- _WHAT THIS TASK INVOLVES_: Lines from the start of the data through the line containing "-- the invariant." must be given again exactly. Leave the others out.

RECORDS PROVIDED START

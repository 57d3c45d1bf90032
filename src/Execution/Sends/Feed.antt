-- ===== src/Execution/Sends/Feed.antt =====
-- src/execution/coordinator.ts: reconciliation, scans, the replay and the stream send nothing, and keep
-- the invariant.
use multi_venue_grid_engine.Base.{
  ℕ, refl, ◌||◌, zero, suc, not, true, false, Bool, Option, some, none, List, [], ◌∷◌, Text, ◌==◌,
  nat_eq, sort, text_leb,
}
use multi_venue_grid_engine.Execution.Intents.{IntentRecord, RecordedExecution}
use multi_venue_grid_engine.Execution.RegistryState.{RegistryState}
use multi_venue_grid_engine.Execution.Registry.{
  perform, link_call, resolve_call, apply_call, contradictions_call,
}
use multi_venue_grid_engine.Execution.Observations.{ExecutionFacts}
use multi_venue_grid_engine.Execution.Screening.{
  ClientOrderLookup, LookupContradiction, LookupDecision, unresolved, link_with, resolve_with,
}
use multi_venue_grid_engine.Execution.Ports.{ExecutionCursor, ExecutionPage}
use multi_venue_grid_engine.Execution.CoordinatorState.{unresolved_records}
use multi_venue_grid_engine.Execution.Steps.{Machine, Deps, Step, await, return}
use multi_venue_grid_engine.Execution.Steps.Rules.{Keeps, chain, by_if, by_option, keeps_machine}
use multi_venue_grid_engine.Execution.Reconciliation.{
  ReconcileItem, record_problem, keep_evidence, apply_decision, reconcile_lookup, reconcile_record,
  reconcile_all, finish_reconcile, reconcile_exclusive,
}
use multi_venue_grid_engine.Execution.Replay.{ExecutionPlan, problem, additions}
use multi_venue_grid_engine.Execution.Feed.{
  ReplayResult, PageEnd, ends, goes_on, ends_with, apply_entries, apply_plan, persist_added,
  save_cursor, replay_stopped, stop_on_problem, checkpoint, finish_replay, close_page, apply_page,
  check_page, read_page, replay_page, replay_pages, replay_exclusive, ingest_problem, ingest_plan,
  ingest_exclusive, drain, release, max_replay_pages, is_unusable,
}
use multi_venue_grid_engine.Execution.Sends.{IsGood}
use multi_venue_grid_engine.Execution.Sends.Rules.{
  awaits, modifies, calls, persists-Good, returns-On, reads-On, computes-On, by_call,
}

module _ {W : Type 0} (D : Deps W) (s0 : RegistryState) where
  problem-Good :
      (code : Text) (evidence : List ExecutionFacts)
      → Keeps (IsGood D s0) (record_problem D code evidence)
  unfolding record_problem perform
  problem-Good code evidence = chain (modifies D s0 _ (λ c. refl)) λ _.
      chain (reads-On D s0 _) λ before.
        chain (calls D s0 _ (by_call D s0 (contradictions_call _))) λ _.
          chain (reads-On D s0 _)
            λ after. by_if (after == before) (returns-On D s0 _) (persists-Good D s0)

  evidence-Good : (found : Option LookupContradiction) → Keeps (IsGood D s0) (keep_evidence D found)
  unfolding keep_evidence
  evidence-Good none = returns-On D s0 _
  evidence-Good (some found) = problem-Good _ _

  decision-Good :
      (r : IntentRecord) (decision : LookupDecision)
      → Keeps (IsGood D s0) (apply_decision D r decision)
  unfolding apply_decision perform
  decision-Good r (unresolved code found) = chain (evidence-Good found) λ durable. returns-On D s0 _
  decision-Good r (link_with l) =
      chain (calls D s0 _ (by_call D s0 (link_call _ _)))
        λ _. chain (reads-On D s0 _) λ next. returns-On D s0 _
  decision-Good r (resolve_with resolution) =
      chain (calls D s0 _ (by_call D s0 (resolve_call _ _)))
        λ _. chain (reads-On D s0 _) λ next. returns-On D s0 _

  lookup-Good :
      (r : IntentRecord) (lookup : Option ClientOrderLookup)
      → Keeps (IsGood D s0) (reconcile_lookup D r lookup)
  unfolding reconcile_lookup
  lookup-Good r none = returns-On D s0 _
  lookup-Good r (some lookup) =
      chain (reads-On D s0 _) λ s. chain (computes-On D s0 _) λ decision. decision-Good r decision

  record-Good : (r : IntentRecord) → Keeps (IsGood D s0) (reconcile_record D r)
  unfolding reconcile_record
  record-Good r = chain (awaits D s0 _) λ lookup. lookup-Good r lookup

  all-Good :
      (changed : Bool) (rs : List IntentRecord) → Keeps (IsGood D s0) (reconcile_all D changed rs)
  unfolding reconcile_all
  all-Good changed [] = returns-On D s0 _
  all-Good changed (r ∷ rs) = chain (record-Good r) λ turn.
      by_if turn.2 (chain (all-Good (changed || turn.1) rs) λ rest. returns-On D s0 _)
        (returns-On D s0 _)

  finish-Good :
      (pass : List ReconcileItem × Bool × Bool) → Keeps (IsGood D s0) (finish_reconcile D pass)
  unfolding finish_reconcile
  finish-Good pass = by_if (not pass.2) (returns-On D s0 _) (
      by_if (not pass.1) (returns-On D s0 _)
        (chain (persists-Good D s0) λ durable. returns-On D s0 _))

  pub reconcile-Good : Keeps (IsGood D s0) (reconcile_exclusive D)
  unfolding reconcile_exclusive
  reconcile-Good = chain (reads-On D s0 _) λ c.
      by_if c.journal_failed (returns-On D s0 _)
        (chain (all-Good false (unresolved_records c.registry)) λ pass. finish-Good pass)

  entries-Good :
      (es : List (Text × List RecordedExecution)) → Keeps (IsGood D s0) (apply_entries D es)
  unfolding apply_entries perform
  entries-Good [] = returns-On D s0 _
  entries-Good (e ∷ es) =
      chain (calls D s0 _ (by_call D s0 (apply_call _ _)))
        λ _. chain (entries-Good es) λ rest. returns-On D s0 _

  plan-Good :
      (added : List (Text × List RecordedExecution)) → Keeps (IsGood D s0) (apply_plan D added)
  unfolding apply_plan
  plan-Good added =
      chain (entries-Good (sort (λ p q. text_leb p.0 q.0) added)) λ ids. returns-On D s0 _

  added-Good : (ids : List Text) → Keeps (IsGood D s0) (persist_added D ids)
  unfolding persist_added
  added-Good [] = returns-On D s0 _
  added-Good (id ∷ ids) = persists-Good D s0

  stopped-Good : (code : Text) (ids : List Text) → Keeps (IsGood D s0) (replay_stopped D code ids)
  unfolding replay_stopped
  stopped-Good code ids =
      chain (modifies D s0 _ (λ c. refl)) λ _. chain (reads-On D s0 _) λ codes. returns-On D s0 _

  saves-Good : (next : ExecutionCursor) → Keeps (IsGood D s0) (save_cursor D next)
  unfolding save_cursor await
  saves-Good next = record {
    run = λ m p.
        let kept = (awaits D s0 {E = IsGood D s0} (D.ports.persist_checkpoint next)).run m p in
        record { path = kept.path; sends = (tt, kept.sends) };
  }

  checkpoint-Good : (next : ExecutionCursor) → Keeps (IsGood D s0) (checkpoint D next)
  unfolding checkpoint
  checkpoint-Good next = chain (saves-Good next) λ saved.
      by_if saved (chain (modifies D s0 _ (λ c. refl)) λ _. returns-On D s0 _) (returns-On D s0 _)

  finish_replay-Good : (ids : List Text) → Keeps (IsGood D s0) (finish_replay D ids)
  unfolding finish_replay
  finish_replay-Good ids =
      chain (modifies D s0 _ (λ c. refl)) λ _. chain (reads-On D s0 _) λ codes. returns-On D s0 _

  ends-Good :
      {step : Step W ReplayResult}
      → Keeps (IsGood D s0) step
      → Keeps (IsGood D s0) (ends_with D step)
  ends-Good keeps = chain keeps λ result. returns-On D s0 _

  close-Good :
      (page : ExecutionPage) (ids : List Text) (durable : Bool)
      → Keeps (IsGood D s0) (close_page D page ids durable)
  unfolding close_page
  close-Good page ids false = ends-Good (stopped-Good _ ids)
  close-Good page ids true = chain (checkpoint-Good page.next_cursor) λ saved.
      by_if (not saved) (ends-Good (stopped-Good _ ids))
        (by_if page.has_more (returns-On D s0 _) (ends-Good (finish_replay-Good ids)))

  apply_page-Good :
      (page : ExecutionPage) (ids : List Text) (plan : ExecutionPlan)
      → Keeps (IsGood D s0) (apply_page D page ids plan)
  unfolding apply_page stop_on_problem
  apply_page-Good page ids (problem code evidence) =
      ends-Good (chain (problem-Good code evidence) λ durable. stopped-Good _ ids)
  apply_page-Good page ids (additions added) =
      chain (plan-Good added) λ new. chain (added-Good new) λ durable. close-Good page _ durable

  check_page-Good :
      (page : ExecutionPage) (ids : List Text) (valid : Bool)
      → Keeps (IsGood D s0) (check_page D page ids valid)
  unfolding check_page
  check_page-Good page ids false = ends-Good (stopped-Good _ ids)
  check_page-Good page ids true =
      chain (reads-On D s0 _) λ s. chain (computes-On D s0 _) λ plan. apply_page-Good page ids plan

  read_page-Good :
      (page : Option ExecutionPage) (ids : List Text) → Keeps (IsGood D s0) (read_page D page ids)
  unfolding read_page
  read_page-Good none ids = ends-Good (stopped-Good _ ids)
  read_page-Good (some page) ids =
      chain (computes-On D s0 _) λ valid. check_page-Good page ids valid

  page-Good : (ids : List Text) → Keeps (IsGood D s0) (replay_page D ids)
  unfolding replay_page
  page-Good ids =
      chain (reads-On D s0 _) λ cursor. chain (awaits D s0 _) λ page. read_page-Good page ids

  after_page-Good :
      (n : ℕ) (turn : PageEnd)
      → ((ids : List Text) → Keeps (IsGood D s0) (replay_pages D n ids))
      → Keeps
          (IsGood D s0)
          (elim turn [ ends result ↦ return result | goes_on ids ↦ replay_pages D n ids ])
  after_page-Good n (ends result) rest = returns-On D s0 _
  after_page-Good n (goes_on ids) rest = rest ids

  pages-Good : (n : ℕ) (ids : List Text) → Keeps (IsGood D s0) (replay_pages D n ids)
  unfolding replay_pages
  pages-Good zero ids = stopped-Good _ ids
  pages-Good (suc n) ids =
      chain (page-Good ids) λ turn. after_page-Good n turn (λ new. pages-Good n new)

  pub replay-Good : Keeps (IsGood D s0) (replay_exclusive D)
  unfolding replay_exclusive
  replay-Good = chain (reads-On D s0 _) λ latched.
      by_if latched (returns-On D s0 _)
        (chain (modifies D s0 _ (λ c. refl)) λ _. pages-Good max_replay_pages [])

  ingest_problem-Good :
      (codes : List Text) (code : Text) (evidence : List ExecutionFacts)
      → Keeps (IsGood D s0) (ingest_problem D codes code evidence)
  unfolding ingest_problem
  ingest_problem-Good codes code evidence =
      chain (problem-Good code evidence) λ durable. returns-On D s0 _

  ingest_plan-Good :
      (facts : ExecutionFacts) (codes : List Text) (plan : ExecutionPlan)
      → Keeps (IsGood D s0) (ingest_plan D facts codes plan)
  unfolding ingest_plan
  ingest_plan-Good facts codes (problem code evidence) =
      by_if (is_unusable code) (ingest_problem-Good codes _ _)
        (ingest_problem-Good codes code evidence)
  ingest_plan-Good facts codes (additions added) =
      chain (plan-Good added) λ ids. chain (added-Good ids) λ durable. returns-On D s0 _

  pub ingest-Good :
      (facts : ExecutionFacts) (codes : List Text)
      → Keeps (IsGood D s0) (ingest_exclusive D facts codes)
  unfolding ingest_exclusive
  ingest-Good facts codes =
      chain (reads-On D s0 _)
        λ s. chain (computes-On D s0 _) λ plan. ingest_plan-Good facts codes plan

  drain-Good : (n : ℕ) → Keeps (IsGood D s0) (drain D n)
  unfolding drain
  drain-Good zero = returns-On D s0 _
  drain-Good (suc n) = chain (reads-On D s0 _) λ next. by_option next (returns-On D s0 _) λ facts.
      chain (modifies D s0 _ (λ c. refl)) λ _.
        chain (ingest-Good facts []) λ result. chain (modifies D s0 _ (λ c. refl)) λ _. drain-Good n

  pub release-Good : (n : ℕ) (m : Machine W) → IsGood D s0 m → IsGood D s0 (release D n m).1
  unfolding release
  release-Good n m p =
      let drained = keeps_machine (drain D n) (drain-Good n) m p in
      record { path = drained.path; sends = drained.sends }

RECORDS PROVIDED END

- _ANSWER BELOW_:
repository 57d3c45d1bf90032
filename src/Execution/Sends/Feed.antt
-- ===== src/Execution/Sends/Feed.antt =====
-- src/execution/coordinator.ts: reconciliation, scans, the replay and the stream send nothing, and keep
-- the invariant.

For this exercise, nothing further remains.